Inspiré par la nature et le pays natal, il a publié huit recueils chez Lemerre, l'éditeur des Parnassiens.
Après les bouleversements du XXème siècle, la voix du poète nous arrive avec plus de force, car elle évoque, avec sensibilité, un monde blotti au creux de nos souvenirs et nous renvoie à notre simple humanité.
Alain Bitossi
Découvrez la vie de Fabié, son parcours
et quelques uns de ses plus beaux poèmes.
François Joseph Fabié est né le 3 Novembre 1846 au moulin familial dans la commune de Durenque (Aveyron).
Il est l'ainé de quatre enfants, deux garçons et deux filles.
François Fabié va passer trois années scolaires à l 'école de Durenque dans le département de l'Aveyron.
Compte tenu de ses dispositions, son instituteur Monsieur Laval conseille à son père de l'envoyer poursuivre ses études à Rodez.
Malgré des études "faites sans plan, sans direction, sans suite au petit bonheur" François Fabié réussit le concours d'entrée à l'École Normale de Rodez dont il sort premier.
A la suite d'une visite du Ministre de l'Instruction Publique Victor Duruy qui remarque ses qualités, François Fabié bénéficie d'une bourse départementale pour être envoyé à l'École Normale Spéciale de Cluny, fondée pour former des professeurs d'enseignement moderne.
Diplômé, en Septembre 1870, il effectue des remplacements d'instituteurs à Villefranche de Rouergue et à Rodez : puis il est nommé, en avril 1872, chargé de cours au Lycée de Toulon.
En 1872 François Fabié est nommé professeur d'enseignement spécial au Lycée de Toulon. Il assure jusqu'en 1883 les cours de littérature, d'histoire, de géographie, de comptabilité et de langue française.
Sa réussite à l'agrégation le conduit au Lycée Charlemagne à Paris en 1883.
C'est à Toulon qu'il commence à publier ses poésies. Elles obtiennent un très grand succès à l'Académie du Var dont il est membre, puis secrétaire.
Un poète est né et sa notoriété s'affirme.

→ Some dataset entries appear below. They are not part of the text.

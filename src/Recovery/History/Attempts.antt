-- ===== src/Recovery/History/Attempts.antt =====
-- crates/perch-recovery/src/contract.rs: evidence, promotion, cancellation and begin.
use perch.Common.{
  ℕ, Address, Bool, true, false, ◌&&◌, not, some, ◌≡◌, refl, inl, inr, arith, is_some, unwrap_or,
  ltb, ◌==◌, length, contains, ok_or, ok_or-ok, Ensures, Ensures-ok, >>=-Ensures, guard-Ensures,
  if-Ensures, u64_max,
}
use perch.Recovery.Config.{CompiledRecoveryConfig, is_protected, guardians, zk}
use perch.Recovery.Statement.{RecoveryAction}
use perch.Recovery.Credential.{ReplacementSet, replacements_hash}
use perch.Recovery.Types.{Attempt, EvidenceDomain, initiate, cancel}
use perch.Recovery.World.{World, ZkEvidence, next, add}
use perch.Recovery.State.{Entries, load_live, save, authorized_live}
use perch.Recovery.Conditions.{
  initiation_met, cancellation_met, attempt_statement, check_fresh, digest, verify_zk,
}
use perch.Recovery.Transitions.{
  is_authorized, gate, promote, count_cancel, cancel_attempt, after_evidence, is_stale, begin,
  source_of, check_target, or_err,
}
use perch.Recovery.Entry.{submit_guardian, submit_zk, count_guardian, awaits_zk, record_zk}
use perch.Recovery.Invariant.Calls.{next-eq}
use perch.Recovery.History.{Later, Later-self}

module _ (w : World) (account : Address) where
  abbrev pub Second : Entries → ℕ × Entries → Type 0
  Second s (n, t) = Later s t

  abbrev Promoted : Entries → Attempt × Entries → Type 0
  Promoted s (b, t) = Later s t

  gate-Later :
      (s t : Entries) (c : CompiledRecoveryConfig) (id until : ℕ)
      → Later s t
      → Ensures (Later s) (gate w account c id until t)
  unfolding gate
  gate-Later s t c id until h =
      if-Ensures (Later s) (is_protected c.profile) _ _
        (λ _. guard-Ensures (Later s) (w.accepts_gate id until) _ _ (λ _. h)) (λ _. h)

  promote-Later :
      (s : Entries) (c : CompiledRecoveryConfig) (a : Attempt)
      → Ensures (Promoted s) (promote w account c a s)
  unfolding promote
  promote-Later s c a =
      guard-Ensures (Promoted s) (not (is_some (authorized_live w.now s))) _ _ (λ _.
        if-Ensures (Promoted s) (is_stale w account a) _ _ (λ _. Later-self s)
          (λ _. >>=-Ensures (Promoted s) (add w.now c.delay_ledgers) _ (λ after _.
            >>=-Ensures (Promoted s) (add after c.expiry_ledgers) _ (λ expires _.
              >>=-Ensures (Promoted s) (gate w account c a.id expires _) _ (λ t h.
                Ensures-ok (Later s) (gate w account c a.id expires _) t
                  (gate-Later s _ c a.id expires (Later-self s)) h)))))

  count_cancel-Later :
      (s : Entries) (c : CompiledRecoveryConfig) (counts : Bool)
      → s.config ≡ some c
      → Ensures (Later s) (count_cancel w account c counts s)
  unfolding count_cancel
  count_cancel-Later s c counts e =
      if-Ensures (Later s) counts _ _
        (λ _.
          guard-Ensures (Later s) (ltb (unwrap_or s.cancels 0) c.max_cancels) _ _
            (λ h. (omega arith, omega arith, (λ n q. q), inr (c, e, ground (arith, h), refl))))
        (λ _. Later-self s)

  pub cancel_attempt-Later :
      (s : Entries) (c : CompiledRecoveryConfig) (a : Attempt) (counted : Bool)
      → s.config ≡ some c
      → Ensures (Later s) (cancel_attempt w account c a counted s)
  unfolding cancel_attempt save
  cancel_attempt-Later s c a counted e =
      >>=-Ensures (Later s) (count_cancel w account c (counted && is_authorized a.state) s) _
        (λ t h.
          let later =
            Ensures-ok (Later s) (count_cancel w account c (counted && is_authorized a.state) s) t
              (count_cancel-Later s c (counted && is_authorized a.state) e) h in
          if-Ensures (Later s) (is_authorized a.state) _ _ (λ _. gate-Later s _ c a.id 0 later)
            (λ _. later))

  after_evidence-Later :
      (s : Entries) (c : CompiledRecoveryConfig) (a : Attempt) (domain : EvidenceDomain)
      → s.config ≡ some c
      → Ensures (Later s) (after_evidence w account c a domain s)
  unfolding after_evidence save
  after_evidence-Later s c a initiate e =
      if-Ensures (Later s) (initiation_met c a) _ _
        (λ _.
          >>=-Ensures (Later s) (promote w account c a s) _
            (λ r h. Ensures-ok (Promoted s) (promote w account c a s) r (promote-Later s c a) h))
        (λ _. Later-self s)
  after_evidence-Later s c a cancel e =
      if-Ensures (Later s) (cancellation_met c a) _ _ (λ _. cancel_attempt-Later s c a true e)
        (λ _. Later-self s)

  pub submit_guardian-Later :
      (i : ℕ) (domain : EvidenceDomain) (guardian : Address) (s : Entries)
      → Ensures (Later s) (submit_guardian w account i domain guardian s)
  unfolding submit_guardian
  submit_guardian-Later i domain guardian s = >>=-Ensures (Later s) (ok_or s.config _) _ (λ c hc.
      >>=-Ensures (Later s) (ok_or (guardians c) _) _ (λ set _.
        guard-Ensures (Later s) (contains set.guardians guardian) _ _ (λ _.
          >>=-Ensures (Later s) (load_live w.now s i) _ (λ a _.
            >>=-Ensures (Later s) (count_guardian w account a domain guardian) _ (λ b _.
              >>=-Ensures (Later s) (attempt_statement w account c b domain) _ (λ st _.
                >>=-Ensures (Later s) (check_fresh w account st) _ (λ _ _.
                  >>=-Ensures (Later s) (digest w account st) _ (λ d _.
                    guard-Ensures (Later s) (w.auth_for guardian d) _ _
                      (λ _. after_evidence-Later s c b domain (ok_or-ok s.config _ c hc))))))))))

  pub submit_zk-Later :
      (i : ℕ) (domain : EvidenceDomain) (evidence : ZkEvidence) (s : Entries)
      → Ensures (Later s) (submit_zk w account i domain evidence s)
  unfolding submit_zk
  submit_zk-Later i domain evidence s = >>=-Ensures (Later s) (ok_or s.config _) _ (λ c hc.
      >>=-Ensures (Later s) (ok_or (zk c) _) _ (λ factor _.
        >>=-Ensures (Later s) (load_live w.now s i) _ (λ a _.
          >>=-Ensures (Later s) (awaits_zk w account a domain) _ (λ _ _.
            >>=-Ensures (Later s) (attempt_statement w account c a domain) _ (λ st _.
              >>=-Ensures (Later s) (check_fresh w account st) _ (λ _ _.
                >>=-Ensures (Later s) (verify_zk w account s factor st evidence) _ (λ _ _.
                  after_evidence-Later s c (record_zk w account a domain evidence.nullifier) domain
                    (ok_or-ok s.config _ c hc))))))))

  pub begin-Later :
      (action : RecoveryAction) (r : ReplacementSet) (s : Entries)
      → Ensures (Second s) (begin w account action r s)
  unfolding begin save
  begin-Later action r s = >>=-Ensures (Second s) (ok_or s.config _) _ (λ c _.
      guard-Ensures (Second s) (not (is_some (authorized_live w.now s))) _ _ (λ _.
        >>=-Ensures (Second s) (or_err (replacements_hash w.sha256 w.to_xdr r) _) _ (λ hash _.
          guard-Ensures (Second s)
            (elim (is_some (zk c)) [
              | true ↦ length r.zk_enrollment == 1
              | false ↦ not (length r.zk_enrollment == 1)
            ])
            _ _
            (λ _. >>=-Ensures (Second s) (ok_or w.applied_doc _) _ (λ current _.
              >>=-Ensures (Second s) (source_of w account s c action current) _ (λ source _.
                >>=-Ensures (Second s) (ok_or (w.derive_target source.0 current action r) _) _
                  (λ derived _. >>=-Ensures (Second s) (check_target w account r derived) _ (λ _ _.
                    >>=-Ensures (Second s) (next u64_max (unwrap_or s.next_attempt 0)) _ (λ n hn.
                      >>=-Ensures (Second s) (add w.now c.expiry_ledgers) _ (λ deadline _.
                        >>=-Ensures (Second s) (add deadline c.delay_ledgers) _ (λ timelock _.
                          >>=-Ensures (Second s) (add timelock c.expiry_ledgers) _ (λ until _. (
                            omega arith,
                            omega (arith, next-eq u64_max (unwrap_or s.next_attempt 0) n hn),
                            (λ m q. q),
                            inl refl,
                          )))))))))))))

La poésie de François Fabié obtient un succès grandissant notamment en raison des séances publiques de l'Académie du Var. C'est lors de l'une de ces réunions qu'il rencontre Madeleine Gabert. Il lui adresse un poème et en retour elle l'invite à prendre le thé chez sa mère. Leur mariage est célébré le 30 juillet 1877 à Toulon. Et le voyage de noces a lieu à Durenque en Aveyron, au moulin.
Les époux Fabié habitent 11, rue de l'Arsenal, près du port de Toulon.

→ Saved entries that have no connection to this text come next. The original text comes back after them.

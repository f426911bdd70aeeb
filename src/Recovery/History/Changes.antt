-- ===== src/Recovery/History/Changes.antt =====
-- crates/perch-recovery/src/contract.rs: recording change evidence or a baseline touches none of the
-- counters.
use perch.Common.{
  ℕ, Address, Bytes, ◌&&◌, not, ◌==◌, contains, ok_or, Ensures, >>=-Ensures, guard-Ensures,
}
use perch.Recovery.Config.{guardians, zk}
use perch.Recovery.Statement.{StatementSubject}
use perch.Recovery.World.{World, ZkEvidence, admin_survives}
use perch.Recovery.State.{Entries, refuse_in_window, store_approval}
use perch.Recovery.Conditions.{change_statement_for, check_fresh, digest, verify_zk}
use perch.Recovery.Entry.{approve_change, submit_zk_change, publish_baseline, change_evidence}
use perch.Recovery.History.{Later, Later-self}

module _ (w : World) (account : Address) where
  pub approve_change-Later :
      (subject : StatementSubject) (until : ℕ) (guardian : Address) (s : Entries)
      → Ensures (Later s) (approve_change w account subject until guardian s)
  unfolding approve_change store_approval
  approve_change-Later subject until guardian s = >>=-Ensures (Later s) (ok_or s.config _) _ (λ c _.
      >>=-Ensures (Later s) (ok_or (guardians c) _) _ (λ set _.
        guard-Ensures (Later s) (contains set.guardians guardian) _ _ (λ _.
          >>=-Ensures (Later s) (refuse_in_window w.now s) _ (λ _ _.
            >>=-Ensures (Later s) (change_statement_for w account s c subject until) _ (λ st _.
              >>=-Ensures (Later s) (check_fresh w account st) _ (λ _ _.
                >>=-Ensures (Later s) (digest w account st) _ (λ d _.
                  guard-Ensures (Later s)
                    (not (contains (change_evidence w account d s).guardians guardian)) _ _
                    (λ _.
                      guard-Ensures (Later s) (w.auth_for guardian d) _ _
                        (λ _. Later-self s)))))))))

  pub submit_zk_change-Later :
      (subject : StatementSubject) (until : ℕ) (evidence : ZkEvidence) (s : Entries)
      → Ensures (Later s) (submit_zk_change w account subject until evidence s)
  unfolding submit_zk_change store_approval
  submit_zk_change-Later subject until evidence s =
      >>=-Ensures (Later s) (ok_or s.config _) _ (λ c _.
        >>=-Ensures (Later s) (ok_or (zk c) _) _ (λ factor _.
          >>=-Ensures (Later s) (refuse_in_window w.now s) _ (λ _ _.
            >>=-Ensures (Later s) (change_statement_for w account s c subject until) _ (λ st _.
              >>=-Ensures (Later s) (check_fresh w account st) _ (λ _ _.
                >>=-Ensures (Later s) (digest w account st) _ (λ d _.
                  guard-Ensures (Later s) (not (change_evidence w account d s).zk) _ _ (λ _.
                    >>=-Ensures (Later s) (verify_zk w account s factor st evidence) _
                      (λ _ _. Later-self s))))))))

  pub publish_baseline-Later :
      (doc_json : Bytes) (s : Entries) → Ensures (Later s) (publish_baseline w account doc_json s)
  unfolding publish_baseline
  publish_baseline-Later doc_json s = >>=-Ensures (Later s) (ok_or s.config _) _ (λ c _.
      >>=-Ensures (Later s) (ok_or c.baseline _) _ (λ hash _.
        >>=-Ensures (Later s) (ok_or (w.compile_doc doc_json) _) _ (λ compiled _.
          guard-Ensures (Later s) ((compiled.doc_hash == hash) && admin_survives compiled.rules) _ _
            (λ _. Later-self s))))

C'est dans cet appartement que naît Marie-Lucie le 30 mai 1878. Malheureusement, elle décède vingt mois plus tard. L'espoir revient le 24 janvier 1881 et Marguerite devient la joie des siens.

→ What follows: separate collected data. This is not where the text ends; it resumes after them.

-- ===== src/Recovery/History/Hooks.antt =====
-- crates/perch-recovery/src/contract.rs: the hooks and the calls that record change evidence.
use perch.Common.{
  ℕ, Address, Bytes32, false, ◌&&◌, not, Option, none, some, List, refl, inl, inr, arith, is_some,
  ltb, ◌==◌, first, if◌then◌else◌, ok, ok_or, ok_or-ok, Ensures, Ensures-ok, >>=-Ensures,
  guard-Ensures, if-Ensures, Option-Ensures, Bool-cases,
}
use perch.Program.Leaf.{Context}
use perch.Recovery.Config.{CompiledRecoveryConfig, is_protected, zk}
use perch.Recovery.Statement.{upgrade_to, reconfigure_to}
use perch.Recovery.Types.{completed, UpgradeStep, schedule, execute, SyncOutcome, CompletionMarker}
use perch.Recovery.World.{World, is_empty}
use perch.Recovery.State.{
  Entries, epoch_of, bump_epoch, store_config, load_live, save, authorized_live,
}
use perch.Recovery.Conditions.{require_condition, check_config, check_zk_wiring}
use perch.Recovery.Transitions.{authorize_completion, target_of, complete, spend}
use perch.Recovery.Entry.{
  ContextRule, enforce, assert_recovery_rule, rcv_sync, sync_normally, enroll, reconfigure, replace,
  here_now, change_to, is_current, rcv_cancel, rcv_upgrade, upgrade_step,
}
use perch.Recovery.History.{Later, Later-self, bump_epoch-Later}
use perch.Recovery.History.Attempts.{cancel_attempt-Later, Second}

module _ (w : World) (account : Address) where
  abbrev pub Outcome : Entries → SyncOutcome × Entries → Type 0
  Outcome s (o, t) = Later s t

  pub enforce-Later :
      (context : Context) (signers : List ℕ) (rule : ContextRule) (s : Entries)
      → Ensures (Later s) (enforce w account context signers rule s)
  unfolding enforce authorize_completion
  enforce-Later context signers rule s = guard-Ensures (Later s) (w.auth account) _ _ (λ _.
      guard-Ensures (Later s) (is_empty signers) _ _ (λ _.
        >>=-Ensures (Later s) (assert_recovery_rule w account rule) _ (λ _ _.
          >>=-Ensures (Later s) (ok_or (target_of w account context) _) _ (λ target _.
            >>=-Ensures (Later s) (ok_or s.config _) _ (λ c _.
              >>=-Ensures (Later s) (ok_or (authorized_live w.now s) _) _ (λ a _.
                guard-Ensures (Later s) (not (ltb w.now a.executable_after)) _ _ (λ _.
                  guard-Ensures (Later s) (w.sha256 target == a.target_bytes_hash) _ _
                    (λ _. Later-self s))))))))

  spend-Later : (n : Option Bytes32) (s : Entries) → Ensures (Later s) (spend w account n s)
  unfolding spend
  spend-Later none s = Later-self s
  spend-Later (some n) s = guard-Ensures (Later s) (not (s.nullifier n)) _ _ (λ _. (
    omega arith,
    omega arith,
    (λ m h. elim (Bool-cases (n == m)) [
      | inl e ↦ ground (arith, e)
      | inr e ↦ ground (arith, e, h)
    ]),
    inl refl,
  ))

  store-Later :
      (c : CompiledRecoveryConfig) (s t : Entries)
      → Later s t
      → Ensures (Later s) (store_config c t)
  unfolding store_config
  store-Later c s t h = bump_epoch-Later s (record t { config = some c }) h

  complete-Later :
      (m : CompletionMarker) (new : Option CompiledRecoveryConfig) (doc_hash : Bytes32)
      (s : Entries)
      → Ensures (Outcome s) (complete w account m new doc_hash s)
  unfolding complete save
  complete-Later m new doc_hash s =
      let P = Outcome s in
      >>=-Ensures P (ok_or (authorized_live w.now s) _) _ (λ a _.
        guard-Ensures P
          ((a.id == m.attempt_id)
            && ((a.target_doc_hash == m.target_doc_hash) && (doc_hash == a.target_doc_hash)))
          _ _
          (λ _. >>=-Ensures P (ok_or new _) _ (λ n _.
            guard-Ensures P ((n.controller == w.here) && (n.config_hash == a.target_config_hash)) _
              _
              (λ _. >>=-Ensures P (spend w account a.zk_nullifier s) _ (λ t ht.
                let later =
                  Ensures-ok (Later s) (spend w account a.zk_nullifier s) t
                    (spend-Later a.zk_nullifier s) ht in
                let saved = record (save w.now w.max_ttl (record a { state = completed }) t) {
                  authorized = none;
                } in
                >>=-Ensures P (store_config n saved) _ (λ u hu.
                  Ensures-ok (Later s) (store_config n saved) u (store-Later n s saved later)
                    hu))))))

  enroll-Later :
      (new : Option CompiledRecoveryConfig) (s : Entries)
      → Ensures (Outcome s) (enroll w account new s)
  unfolding enroll
  enroll-Later none s = Later-self s
  enroll-Later (some n) s = guard-Ensures (Outcome s) (n.controller == w.here) _ _ (λ _.
      >>=-Ensures (Outcome s) (check_config account n) _ (λ _ _.
        >>=-Ensures (Outcome s) (check_zk_wiring w account none (zk n)) _ (λ _ _.
          >>=-Ensures (Outcome s) (store_config n s) _ (λ t h.
            Ensures-ok (Later s) (store_config n s) t (store-Later n s s (Later-self s)) h))))

  replace-Later :
      (c : CompiledRecoveryConfig) (new : Option CompiledRecoveryConfig) (s : Entries)
      → Ensures (Outcome s) (replace w account c new s)
  unfolding replace
  replace-Later c (some n) s = >>=-Ensures (Outcome s) (check_config account n) _ (λ _ _.
      >>=-Ensures (Outcome s) (check_zk_wiring w account (zk c) (zk n)) _ (λ _ _.
        >>=-Ensures (Outcome s) (store_config n s) _
          (λ t h. Ensures-ok (Later s) (store_config n s) t (store-Later n s s (Later-self s)) h)))
  replace-Later c none s =
      let cleared = record s { config = none; authorized = none } in
      >>=-Ensures (Outcome s) (bump_epoch cleared) _ (λ t h.
        Ensures-ok (Later s) (bump_epoch cleared) t (bump_epoch-Later s cleared (Later-self s)) h)

  sync_normally-Later :
      (new : Option CompiledRecoveryConfig) (until : ℕ) (s : Entries)
      → Ensures (Outcome s) (sync_normally w account new until s)
  unfolding sync_normally reconfigure
  sync_normally-Later new until s =
      guard-Ensures (Outcome s) (not (is_some (authorized_live w.now s))) _ _ (λ _.
        Option-Ensures (Outcome s) s.config _ _ (enroll-Later new s) (λ stored _.
          if-Ensures (Outcome s)
            (elim (here_now w account new) [
              | none ↦ false
              | some n ↦ n.config_hash == stored.config_hash
            ])
            _ _ (λ _. Later-self s)
            (λ _.
              >>=-Ensures (Outcome s)
                (if is_protected stored.profile
                  then require_condition w account s stored
                      (reconfigure_to (change_to w account new)) until
                  else ok tt)
                _ (λ _ _. replace-Later stored (here_now w account new) s))))

  pub rcv_sync-Later :
      (doc_hash : Bytes32) (recovery : List CompiledRecoveryConfig) (until : ℕ) (s : Entries)
      → Ensures (Outcome s) (rcv_sync w account doc_hash recovery until s)
  unfolding rcv_sync
  rcv_sync-Later doc_hash recovery until s = guard-Ensures (Outcome s) (w.auth account) _ _ (λ _.
      let s1 = record s { completing = none } in
      Option-Ensures (Outcome s) s.completing _ _ (sync_normally-Later (first recovery) until s)
        (λ m _.
          if-Ensures (Outcome s) (is_current w account m doc_hash s1) _ _
            (λ _. complete-Later m (first recovery) doc_hash s1)
            (λ _. sync_normally-Later (first recovery) until s1)))

  pub rcv_cancel-Later : (id : ℕ) (s : Entries) → Ensures (Later s) (rcv_cancel w account id s)
  unfolding rcv_cancel
  rcv_cancel-Later id s = guard-Ensures (Later s) (w.auth account) _ _ (λ _.
      >>=-Ensures (Later s) (ok_or s.config _) _ (λ c hc.
        guard-Ensures (Later s) (not (is_protected c.profile)) _ _ (λ _.
          >>=-Ensures (Later s) (load_live w.now s id) _
            (λ a _. cancel_attempt-Later w account s c a false (ok_or-ok s.config _ c hc)))))

  upgrade_step-Later :
      (step : UpgradeStep) (c : CompiledRecoveryConfig) (s : Entries)
      → Ensures (Second w account s) (upgrade_step w account c step s)
  unfolding upgrade_step
  upgrade_step-Later (schedule subject until) c s =
      >>=-Ensures (Second w account s)
        (if is_protected c.profile
          then require_condition w account s c (upgrade_to subject) until
          else ok tt)
        _ (λ _ _. Later-self s)
  upgrade_step-Later (execute epoch) c s =
      guard-Ensures (Second w account s) (epoch == epoch_of s) _ _ (λ _.
        >>=-Ensures (Second w account s) (bump_epoch s) _
          (λ t h. Ensures-ok (Later s) (bump_epoch s) t (bump_epoch-Later s s (Later-self s)) h))

  pub rcv_upgrade-Later :
      (step : UpgradeStep) (s : Entries)
      → Ensures (Second w account s) (rcv_upgrade w account step s)
  unfolding rcv_upgrade
  rcv_upgrade-Later step s =
      let P = Second w account s in
      guard-Ensures P (w.auth account) _ _ (λ _. >>=-Ensures P (ok_or s.config _) _ (λ c _.
        guard-Ensures P (not (is_some (authorized_live w.now s))) _ _
          (λ _. upgrade_step-Later step c s)))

C'est lorsqu'il est professeur à Toulon que la librairie des bibliophiles édite à Paris, en 1879, le premier recueil de François Fabié : "La Poésie des Bêtes"; puis en 1881 "La Nouvelle Poésie des Bêtes". Nommé au lycée Charlemagne à Paris, il trouve un éditeur à sa dimension : Alphonse Lemerre qui publie à l'enseigne de l'homme qui bêche, la plupart des Parnassiens et des auteurs régionalistes comme Auguste Brizeux. Des liens d'estime et d'amitié unissent dès lors François Fabié aux poètes du Parnasse qui se rencontrent régulièrement aux repas mensuels organisés par Alphonse Lemerre, au cours desquels se côtoient Leconte de Liste, Banville, Jean Marie de Hërédia, Sully Prudhomme, François Coppée, Paul Arène et tant d'autres.
Alphonse Lemerre publie l'essentiel de l'œuvre poétique de François Fabié soit huit recueils de poèmes :
Madame Fabié, très attachée à sa terre provençale, achète une bastide à la Valette du Var, près de Toulon.
Les hivers étant moins rigoureux en Provence que dans le Rouergue, la famille s'installe dans cette maison de campagne appelée "Les Troènes".
François Fabié, à la retraite en 1908, souhaite y jouir de moments paisibles pour composer des poèmes et écrire ses souvenirs.
Le poème "Notre bastide" est dédié "à deux terriennes, Madeleine et Marguerite", sa femme et sa fille.